O Nem Tão Triste Fim da Musa do Carnaval
— Demorei?
— Não muito. Eu já te disse a hora com uma a menos porque você sempre se atrasa.
— Como é? Não era as quatro?
— Bem, eu te disse as três. Cheguei tem 15 minutos.
— Mas são quatro e vinte, e se eu tivesse chegado as três?
— Bem, seria a primeira vez.
— O que você esta insinuando?
— Estou insinuando nada. Você está sempre atrasado. Eu esperei no carro por você no dia do nosso casamento. E eu era a noiva. A cultura do casamento inteira diz que você devia me esperar.
— Quantas vezes você vai passar isso na minha cara?
— Eu não estou passando na sua cara.
— Você sempre está passando alguma coisa na cara de alguém.

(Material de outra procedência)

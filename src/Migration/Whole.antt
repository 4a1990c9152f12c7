-- ===== src/Migration/Whole.antt =====
-- A migration of one queue by scripts/migrate_queue_type.py as a whole.
use flow_first.Base.{
  ℕ, zero, suc, ◌+◌, ◌<◌, String, false, none, some, List, ◌++◌, ◌≡◌, arith, ◌==◌, length,
  length-append,
}
use flow_first.Base.Dict.{get}
use flow_first.Base.Text.Laws.{distinct-prefixed}
use flow_first.Migration.{Kind, Queues, Broker, Declared, declared}
use flow_first.Migration.Script.{temp_of, migrate_one}
use flow_first.Migration.Hoare.{Runs}
use flow_first.Migration.Requests.{messages_in, kind_in, Kept}
use flow_first.Migration.Carried.{one-Does}

pub distinct-temp_of : (name : String) → (name == temp_of name) ≡ false
distinct-temp_of name = distinct-prefixed "m" "igrate_" name

-- the messages of the queue and of a temporary queue that an earlier run left, in the order in which they are
-- carried
abbrev pub carried_messages : String → Declared → Queues → List String
carried_messages name (Declared.fits messages consumers) p =
    messages_in p name ++ messages_in p (temp_of name)
carried_messages name Declared.mismatch p = messages_in p (temp_of name) ++ messages_in p name

-- the temporary queue is gone, and the queue has the new type and the messages
abbrev pub IsMigrated : String → Kind → Queues → Queues → Type 0
IsMigrated name target p q =
    (get q (temp_of name) ≡ none)
    × (messages_in q name ≡ carried_messages name (declared target (get p name)) p)
    × (kind_in q name ≡ some target)

-- No migration of a queue loses a message: whichever requests the broker refuses or leaves without an answer,
-- every message of the queue or of its temporary queue is still in one of the two, and no other queue
-- is changed. With more fuel than there are messages the script always ends, and if it ends with no
-- exception, the temporary queue is gone, and the queue has the new type and all the messages, in order.
pub migrate_one-Kept :
    (name : String) (target : Kind) (fuel : ℕ) (b : Broker)
    → length (messages_in b.queues name) + length (messages_in b.queues (temp_of name)) < fuel
    → Runs
        (Kept name (temp_of name))
        (λ _ q. IsMigrated name target b.queues q)
        b
        (migrate_one fuel name target false b)
migrate_one-Kept name target zero b enough = ground arith
migrate_one-Kept name target (suc rounds) b enough =
    one-Does name target rounds (distinct-temp_of name) b (
      omega (
        arith,
        enough,
        length-append (messages_in b.queues name) (messages_in b.queues (temp_of name)),
      ))
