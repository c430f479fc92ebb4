-- ===== src/Tcp.antt =====
-- The receiving side of TCP in kernel/net/net_stack.c: `tcp_handle`, and the loop of
-- `tcp_receive_data` that empties the buffer. A call of `send_tcp` is what it is told to send; the
-- address of the other side is taken to be in the ARP cache, since the wait for it handles packets
-- meanwhile. A number of 32 bits wraps around.
pub mod Ring
pub mod Handle
pub mod Stream
pub mod Steps
mod Tests
use next_os.Prelude.{
  ℕ, zero, suc, ◌+◌, ◌-◌, ◌*◌, ◌/◌, ◌%◌, ◌^◌, bit_and, bit_or, Bool, true, false, not, ◌&&◌, ◌||◌,
  List, [], ◌∷◌, ◌++◌, ltb, ◌==◌, if◌then◌else◌, length, get_or, set, drop,
}

abbrev pub tcp_rx_buf_size : ℕ
tcp_rx_buf_size = 65536

-- `tcp_rx_buf` with its two indices
pub record RxBuffer : Type 0 where
  pub buf : List ℕ
  pub head : ℕ
  pub tail : ℕ

pub data TcpState : Type 0 where
  closed syn_sent established fin_wait : TcpState

pub record Tcp : Type 0 where
  pub state : TcpState
  pub remote_ip : ℕ
  pub local_port : ℕ
  pub remote_port : ℕ
  pub local_seq : ℕ
  pub local_ack : ℕ
  pub remote_seq : ℕ
  pub rx : RxBuffer

abbrev pub tcp_fin : ℕ
tcp_fin = 1

abbrev pub tcp_syn : ℕ
tcp_syn = 2

abbrev pub tcp_rst : ℕ
tcp_rst = 4

abbrev pub tcp_ack : ℕ
tcp_ack = 16

-- The arguments of a call of `send_tcp` without data.
pub record Sent : Type 0 where
  pub dst_ip : ℕ
  pub src_port : ℕ
  pub dst_port : ℕ
  pub seq : ℕ
  pub ack : ℕ
  pub flags : ℕ

abbrev pub send : Tcp → ℕ → Sent
send t flags = record {
  dst_ip = t.remote_ip;
  src_port = t.local_port;
  dst_port = t.remote_port;
  seq = t.local_seq;
  ack = t.local_ack;
  flags = flags;
}

-- `ntohs` and `ntohl` of a field of the header.
abbrev pub net16 : List ℕ → ℕ → ℕ
net16 bytes at = get_or bytes at 0 * 256 + get_or bytes (at + 1) 0

abbrev pub net32 : List ℕ → ℕ → ℕ
net32 bytes at = net16 bytes at * 65536 + net16 bytes (at + 2)

-- The loop that stores the data of a packet, and breaks off when the buffer is full.
unfoldable pub store : List ℕ → RxBuffer → RxBuffer
store [] rx = rx
store (b ∷ bytes) rx =
    let next = (rx.head + 1) % tcp_rx_buf_size in
    let stored = store bytes (record { buf = set rx.buf rx.head b; head = next; tail = rx.tail }) in
    if next == rx.tail then rx else stored

unfoldable pub receive_data : ℕ → List ℕ → Tcp → Tcp × List Sent
receive_data seq payload t =
    let u = record t { rx = store payload t.rx; local_ack = (seq + length payload) % 2 ^ 32 } in
    if ltb 0 (length payload) && seq == t.local_ack then (u, send u tcp_ack ∷ []) else (t, [])

unfoldable pub receive_fin : ℕ → ℕ → ℕ → Tcp → Tcp × List Sent
receive_fin flags seq payload_len t =
    let u = record t {
      local_ack =
          if ltb 0 payload_len then (seq + payload_len + 1) % 2 ^ 32 else (seq + 1) % 2 ^ 32;
    } in
    if bit_and flags tcp_fin == 0
    then (t, [])
    else (record u { state = closed }, send u (bit_or tcp_ack tcp_fin) ∷ [])

unfoldable pub receive_rst : ℕ → Tcp → Tcp
receive_rst flags t = if bit_and flags tcp_rst == 0 then t else record t { state = closed }

-- A packet of the connection, in each state.
unfoldable pub in_state : TcpState → ℕ → ℕ → ℕ → List ℕ → Tcp → Tcp × List Sent
in_state closed flags seq ack payload t = (t, [])
in_state syn_sent flags seq ack payload t =
    let u = record t {
      remote_seq = (seq + 1) % 2 ^ 32;
      local_seq = ack;
      local_ack = (seq + 1) % 2 ^ 32;
    } in
    if bit_and flags (bit_or tcp_syn tcp_ack) == bit_or tcp_syn tcp_ack
    then (record u { state = established }, send u tcp_ack ∷ [])
    else (t, [])
in_state established flags seq ack payload t =
    let (u, first) = receive_data seq payload t in
    let (v, second) = receive_fin flags seq (length payload) u in
    (receive_rst flags v, first ++ second)
in_state fin_wait flags seq ack payload t =
    let u = record t { local_ack = (seq + 1) % 2 ^ 32 } in
    let finished = bit_and flags tcp_fin == 0 in
    if bit_and flags (bit_or tcp_ack tcp_fin) == 0 then (t, []) else (
      record t { local_ack = if finished then t.local_ack else (seq + 1) % 2 ^ 32; state = closed },
      if finished then [] else send u tcp_ack ∷ [],
    )

abbrev pub header_len : List ℕ → ℕ
header_len bytes = get_or bytes 12 0 / 16 * 4

-- A packet that `tcp_handle` does not leave aside: its header is whole, and it is for the connection.
abbrev pub for_connection : ℕ → List ℕ → Tcp → Bool
for_connection src_ip bytes t =
    not (ltb (length bytes) 20)
    && not (ltb (header_len bytes) 20 || ltb (length bytes) (header_len bytes))
    && not (not (net16 bytes 2 == t.local_port) || not (src_ip == t.remote_ip))

unfoldable pub tcp_handle : ℕ → List ℕ → Tcp → Tcp × List Sent
tcp_handle src_ip bytes t =
    let handled =
      in_state t.state (get_or bytes 13 0) (net32 bytes 4) (net32 bytes 8)
        (drop (header_len bytes) bytes) t in
    if for_connection src_ip bytes t then handled else (t, [])

-- The loop of `tcp_receive_data` that takes bytes out of the buffer, with room for `room` more.
unfoldable pub take_out : ℕ → RxBuffer → List ℕ × RxBuffer
take_out zero rx = ([], rx)
take_out (suc room) rx =
    let (bytes, rest) =
      take_out room
        (record { buf = rx.buf; head = rx.head; tail = (rx.tail + 1) % tcp_rx_buf_size }) in
    if rx.tail == rx.head then ([], rx) else (get_or rx.buf rx.tail 0 ∷ bytes, rest)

— E você está sempre atrasado.
— Foi por isso que o casamento acabou.
— É verdade.
— Você precisa sempre ser superior. E sempre tá passando alguma coisa na cara de alguém…
— Opa! O casamento acabou porque você NUNCA chegou a tempo de nada.
— E você sempre passou isso na minha cara.
— Só quando você chegava a tempo de ainda me pegar furiosa de ter sido largada esperando por você.
— Engraçada.
— Ridículo.
— Tá certo. O que você quer comigo de tão urgente que nem no divórcio eu posso me dar ao luxo de não ter horário nenhum marcado com você?
— Está atrasado…
— Já passamos dessa fase. Qual é o assunto? Ou você criou essa situação só pra eu me atrasar e você poder passar na minha cara o quanto a sua tataravó ser britânica faz de você uma pessoa superior por ser capaz de cumprir horário?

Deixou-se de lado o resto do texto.